# Electronic service history after NBT retrofit



## Nyxea (May 27, 2015)

Hi,

I completed an NBT retrofit a few days ago and the electronic service history in iDrive is from the donor VIN, is there anyway to restore it without flashing the NBT as I don't have a continuous charger (yet)


----------



## dayvg (Feb 23, 2015)

Have you VO coded the NBT yet? When I fitted mine all my vehicle data came in after I VO coded it. 


Doing my thing using Tapatalk


----------



## Nyxea (May 27, 2015)

Yea, VO coded NBT shortly after I fitted it(unless I did it wrong?). FDL coded kombi low and mmi list all fine

The individual service intervals on the page before history are all ok, just the history is from the wrong car.


----------



## avgor (Jul 10, 2013)

Nyxea said:


> The individual service intervals on the page before history are all ok, just the history is from the wrong car.


Your service history will be injected from BMW server into NBT when you go to dealer for the next service.
The donor's history will be erased.


----------



## shawnsheridan (Jan 10, 2009)

avgor said:


> Your service history will be injected from BMW server into NBT when you go to dealer for the next service.
> The donor's history will be erased.


How so? He will not be able to get programmed by dealer with NBT in a 2012 F30.


----------



## avgor (Jul 10, 2013)

shawnsheridan said:


> How so? He will not be able to get programmed by dealer with NBT in a 2012 F30.


I don't mean programming his car by dealer. It's impossible, you are right.
I say dealer can transfer the service history from BMW server to his HU by Rheingold function.


----------



## shawnsheridan (Jan 10, 2009)

avgor said:


> I don't mean programming his car by dealer. It's impossible, you are right.
> I say dealer can transfer the service history from BMW server to his HU by Rheingold function.


Maybe in Russia. In U.S., Dealer will not even connect with ISTA if car has retrofitted NBT.


----------



## Nyxea (May 27, 2015)

shawnsheridan said:


> Maybe in Russia. In U.S., Dealer will not even connect with ISTA if car has retrofitted NBT.
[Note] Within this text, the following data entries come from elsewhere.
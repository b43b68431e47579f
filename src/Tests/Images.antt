-- ===== src/Tests/Images.antt =====
-- The theorems on images and specifications at concrete inputs.

use cri_containerd.Base.{
  inl, inr, String, ◌≡◌, ◌≢◌, ◌⊎◌, ◌↔◌, ◌<◌, ◌++◌, ◌||◌, refl, true, false, none, some, [], ◌∷◌, ok,
  err, Error, not_exist, arith, length, string_eq, List,
}
use cri_containerd.Base.Int.{negsuc}
use cri_containerd.Base.Parse.{parse_int, show_int}
use cri_containerd.Base.Text.{lacks, ◌+s+◌}
use cri_containerd.Cri.{zero_config}
use cri_containerd.Map.{lookup}
use cri_containerd.Store.Image
use cri_containerd.Store.Image.{Image, contains, merge_string_slices}
use cri_containerd.Store.Image.Merge.{IsDistinct, merge_string_slices_lem, add_lem}
use cri_containerd.Images.Resolve.{
  get_user_from_image, normalize_image_ref, get_repo_digest_and_tag, local_resolve,
}
use cri_containerd.Images.Resolve.User.{get_user_from_image_lem}
use cri_containerd.Images.Resolve.Normal.{DocumentedReferences, normalize_image_ref_lem}
use cri_containerd.Images.Pull.{pull_image}
use cri_containerd.Images.Pull.Outcome.{Pulled, pull_image-Pulled}
use cri_containerd.Images.Manage.{remove_image}
use cri_containerd.Images.Manage.Outcome.{ImageRemoved, remove_image-ImageRemoved}
use cri_containerd.Spec.Common.{add_image_envs}
use cri_containerd.Spec.Common.Env.{equals, texts, with_envs, image_env_lem}
use cri_containerd.Spec.Container.{set_oci_process_args}
use cri_containerd.Spec.Container.Args.{SetsArgs, set_oci_process_args_lem}
use cri_containerd.Sandboxes.Dns.{parse_dns_options}
use cri_containerd.Sandboxes.Dns.Text.{parse_dns_options_lem}
use cri_containerd.Service.{Reply, value}
use cri_containerd.Tests.References.{
  Reference, bare, latest, digested, has_tag, has_digest, name_part, add_tag,
}
use cri_containerd.Tests.Specs.{toy_generator, no_process}
use cri_containerd.Tests.Toy.{toy, service, image, created_status}

merge_string_slices_lem_example :
    IsDistinct (merge_string_slices ("a" ∷ []) ("b" ∷ "a" ∷ []))
    × ((x : String)
        → contains x (merge_string_slices ("a" ∷ []) ("b" ∷ "a" ∷ []))
          ≡ (contains x ("a" ∷ []) || contains x ("b" ∷ "a" ∷ [])))
merge_string_slices_lem_example = merge_string_slices_lem ("a" ∷ []) ("b" ∷ "a" ∷ [])

-- the example image under another tag
abbrev tagged : Image
tagged = record image { repo_tags = "pause:3.0" ∷ [] }

add_lem_example :
    ((id : String)
      → id ≢ "i1"
      → Image.get id (Image.add tagged (("i1", image) ∷ [])) ≡ Image.get id (("i1", image) ∷ []))
    × (Image.get "i1" (("i1", image) ∷ []) ≡ err not_exist
        → Image.get "i1" (Image.add tagged (("i1", image) ∷ [])) ≡ ok tagged)
    × ((old : Image)
        → Image.get "i1" (("i1", image) ∷ []) ≡ ok old
        → (new : Image) × (Image.get "i1" (Image.add tagged (("i1", image) ∷ [])) ≡ ok new)
          × ((tag : String)
              → contains tag new.repo_tags
                ≡ (contains tag old.repo_tags || contains tag ("pause:3.0" ∷ [])))
          × ((digest : String)
              → contains digest new.repo_digests
                ≡ (contains digest old.repo_digests || contains digest []))
          × (new.id ≡ old.id)
          × (new.chain_id ≡ old.chain_id)
          × (new.size ≡ old.size)
          × (new.config ≡ old.config))
add_lem_example = add_lem tagged (("i1", image) ∷ [])

root_is_a_name : parse_int "root" ≡ none
unfolding parse_int
root_is_a_name = refl

root_is_plain : lacks ":" "root" ≡ true
unfolding lacks
root_is_plain = refl

get_user_from_image_lem_example :
    (get_user_from_image (show_int (negsuc 6)) ≡ (some (negsuc 6), ""))
    × (get_user_from_image (show_int (negsuc 6) +s+ String.◌∷◌ ":" "users") ≡ (some (negsuc 6), ""))
    × (get_user_from_image "root" ≡ (none, "root"))
    × (get_user_from_image ("root" +s+ String.◌∷◌ ":" "users") ≡ (none, "root"))
get_user_from_image_lem_example =
    get_user_from_image_lem (negsuc 6) "users" "root" (omega arith) root_is_a_name root_is_plain

with_digest_lem :
    (plain named : Reference) (digest : String)
    → ◌≡◌ {A = Reply Reference} (value (digested (name_part plain) digest)) (value named)
    → (has_digest named ≡ true) × (has_tag named ≡ false)
with_digest_lem plain (digested name d) digest e = (refl, refl)
with_digest_lem plain (bare name) digest e = cc
with_digest_lem plain (latest name) digest e = cc

bare_lem :
    (named : Reference)
    → has_tag named ≡ false
    → has_digest named ≡ false
    → (has_tag (add_tag named) ≡ true) × (has_digest (add_tag named) ≡ false)
bare_lem (bare name) t c = (refl, refl)
bare_lem (latest name) t c = cc
bare_lem (digested name d) t c = cc

kept_lem :
    (named : Reference) → (has_tag named ≡ true) ⊎ (has_digest named ≡ true) → add_tag named ≡ named
kept_lem (bare name) (inl t) = cc
kept_lem (bare name) (inr c) = cc
kept_lem (latest name) h = refl
kept_lem (digested name d) h = refl

toy-DocumentedReferences : DocumentedReferences toy
toy-DocumentedReferences = record {
  digested = λ name plain named digest p q. with_digest_lem plain named digest q;
  tag_added = λ named t c. bare_lem named t c;
  tag_kept = λ named t. kept_lem named (inl t);
  digest_kept = λ named c. kept_lem named (inr c);
}

normal : normalize_image_ref toy "busybox" ≡ ok (latest "busybox")
unfolding normalize_image_ref
normal = refl

normalize_image_ref_lem_example :
    ((true ≡ true)
      × (false ≡ false)
      × ((get_repo_digest_and_tag toy (latest "busybox") "m1" false).1 ≡ "busybox:latest"))
    ⊎ ((false ≡ true)
        × (true ≡ false)
        × (get_repo_digest_and_tag toy (latest "busybox") "m1" false ≡ ("busybox:latest", "")))
normalize_image_ref_lem_example =
    normalize_image_ref_lem toy "busybox" "m1" false (latest "busybox") toy-DocumentedReferences
      normal

pull_image-Pulled_example :
    Pulled (service created_status) (pull_image toy "busybox" none (service created_status))
pull_image-Pulled_example = pull_image-Pulled toy "busybox" none (service created_status)

resolved : (local_resolve toy "busybox" (service created_status)).0 ≡ ok (some image)
unfolding local_resolve Image.get lookup
resolved = refl

remove_image-ImageRemoved_example :
    ImageRemoved
      (service created_status)
      (some image)
      (remove_image toy "busybox" (service created_status))
remove_image-ImageRemoved_example =
    remove_image-ImageRemoved toy "busybox" (some image) (service created_status) resolved

key_is_plain : lacks "=" "OPTS" ≡ true
unfolding lacks
key_is_plain = refl

value_is_plain : lacks "=" "-Da" ≡ true
unfolding lacks
value_is_plain = refl

-- the variable that is accepted
abbrev plain : List (String × String)
plain = ("OPTS", "-Da") ∷ []

image_env_lem_example :
    (add_image_envs toy_generator (texts plain) no_process
      ≡ (ok tt, with_envs toy_generator plain no_process))
    × ((add_image_envs toy_generator
          (texts plain ++ equals "OPTS" (equals "-Da" "1") ∷ texts plain)
          no_process).0
        ≢ ok tt)
image_env_lem_example =
    image_env_lem toy_generator plain "OPTS" "-Da" "1" (texts plain) (texts plain) no_process
      (key_is_plain, value_is_plain, tt) key_is_plain value_is_plain

set_oci_process_args_lem_example :
    SetsArgs toy_generator no_process
      ("serve" ∷ [])
      (set_oci_process_args toy_generator zero_config image.config no_process)
set_oci_process_args_lem_example =
    set_oci_process_args_lem toy_generator zero_config image.config no_process

parse_dns_options_lem_example :
    (((e : Error) × (parse_dns_options ("8.8.8.8" ∷ []) [] [] ≡ err e))
      ↔ (6 < length {A = String} []))
    × ((parse_dns_options ("8.8.8.8" ∷ []) [] [] ≡ ok "") ↔ (
        (◌≡◌ {A = List String} ("8.8.8.8" ∷ []) [])
        × (◌≡◌ {A = List String} [] [])
        × (◌≡◌ {A = List String} [] [])))
parse_dns_options_lem_example = parse_dns_options_lem ("8.8.8.8" ∷ []) [] []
Can most car updates be done by the user with e-sys anyway when/if needed?

As long as the usuals, brake pads, oil etc. get serviced i'm ok with that. Once a new service is done would it write back the correct history through the key, or does the history require programming (seems unlikely for such a small thing)?


----------



## shawnsheridan (Jan 10, 2009)

Nyxea said:


> Can most car updates be done by the user with e-sys anyway when/if needed?
> 
> As long as the usuals, brake pads, oil etc. get serviced i'm ok with that. Once a new service is done would it write back the correct history through the key, or does the history require programming (seems unlikely for such a small thing)?


Yes.


----------



## jackylooo (Nov 26, 2014)

On the same boat, had any one figure out how to erase the old service record via ISTA/D or ESys?


----------



## Nyxea (May 27, 2015)

jackylooo said:


> On the same boat, had any one figure out how to erase the old service record via ISTA/D or ESys?


Hi,

Just to confirm for anyone else wondering, car service history is re-uploaded during service, it is all back to normal now


----------



## jackylooo (Nov 26, 2014)

Thanks Nyxea for the update!


----------



## larry_bml (Jan 15, 2011)

*Need help after retrofit.*

Hello all, I just did my NBT retrofit from huentry to my F30 04.2012. Everything is working fine except some strange thing : when I take an exit from an highway, for 2-3 seconds navi will show that the car is still on the highway, and after that it reposition the car on the exit I take. Does anyone have this strange situation? Or any idea to fix it?
I want to mention that everything else is working OK , car has OEM GPS antenna, the ICM, DSC, FEM modules were coded after retrofit, with 609 option, but I can't find an fix for my problem.
Thank you.


----------



## Ypt (Dec 2, 2015)

Edited:

When the car dont have any service history yet, it will.not update the nbt service history... will keep showing donor history...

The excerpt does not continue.